▶ [Task]: Restate exactly, and only, the lines from the one containing "skip_node : NodeLen → Node" through the end of the entries, keeping both endpoints.

%%

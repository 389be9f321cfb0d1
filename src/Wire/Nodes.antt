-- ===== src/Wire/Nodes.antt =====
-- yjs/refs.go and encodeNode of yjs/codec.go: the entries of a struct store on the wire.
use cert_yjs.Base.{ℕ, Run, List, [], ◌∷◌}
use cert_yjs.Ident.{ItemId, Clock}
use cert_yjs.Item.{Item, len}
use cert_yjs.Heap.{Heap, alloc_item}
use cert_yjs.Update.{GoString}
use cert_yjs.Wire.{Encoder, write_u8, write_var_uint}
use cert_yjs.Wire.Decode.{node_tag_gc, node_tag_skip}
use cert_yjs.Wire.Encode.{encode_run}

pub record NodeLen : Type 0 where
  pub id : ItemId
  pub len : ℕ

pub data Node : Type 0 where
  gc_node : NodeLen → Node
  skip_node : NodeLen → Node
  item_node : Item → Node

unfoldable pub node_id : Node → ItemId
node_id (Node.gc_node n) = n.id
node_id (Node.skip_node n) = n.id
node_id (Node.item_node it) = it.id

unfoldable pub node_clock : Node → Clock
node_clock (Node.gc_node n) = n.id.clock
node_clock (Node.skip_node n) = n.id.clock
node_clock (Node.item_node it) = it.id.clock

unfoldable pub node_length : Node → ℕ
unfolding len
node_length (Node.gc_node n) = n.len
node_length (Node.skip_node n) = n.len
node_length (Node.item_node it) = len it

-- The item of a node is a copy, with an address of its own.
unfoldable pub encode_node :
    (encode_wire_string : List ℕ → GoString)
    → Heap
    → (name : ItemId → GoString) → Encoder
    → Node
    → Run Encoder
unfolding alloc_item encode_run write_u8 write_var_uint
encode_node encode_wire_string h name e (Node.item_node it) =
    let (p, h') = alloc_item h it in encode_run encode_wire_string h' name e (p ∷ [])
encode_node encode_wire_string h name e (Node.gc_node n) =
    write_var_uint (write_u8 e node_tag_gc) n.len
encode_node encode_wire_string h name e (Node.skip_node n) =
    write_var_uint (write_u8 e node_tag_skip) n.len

%%

▶ [Output below]:
  skip_node : NodeLen → Node
  item_node : Item → Node

unfoldable pub node_id : Node → ItemId
node_id (Node.gc_node n) = n.id
node_id (Node.skip_node n) = n.id
node_id (Node.item_node it) = it.id

unfoldable pub node_clock : Node → Clock
node_clock (Node.gc_node n) = n.id.clock
node_clock (Node.skip_node n) = n.id.clock
node_clock (Node.item_node it) = it.id.clock

unfoldable pub node_length : Node → ℕ
unfolding len
node_length (Node.gc_node n) = n.len
node_length (Node.skip_node n) = n.len
node_length (Node.item_node it) = len it

-- The item of a node is a copy, with an address of its own.
unfoldable pub encode_node :
    (encode_wire_string : List ℕ → GoString)
    → Heap
    → (name : ItemId → GoString) → Encoder
    → Node
    → Run Encoder
unfolding alloc_item encode_run write_u8 write_var_uint
encode_node encode_wire_string h name e (Node.item_node it) =
    let (p, h') = alloc_item h it in encode_run encode_wire_string h' name e (p ∷ [])
encode_node encode_wire_string h name e (Node.gc_node n) =
    write_var_uint (write_u8 e node_tag_gc) n.len
encode_node encode_wire_string h name e (Node.skip_node n) =
    write_var_uint (write_u8 e node_tag_skip) n.len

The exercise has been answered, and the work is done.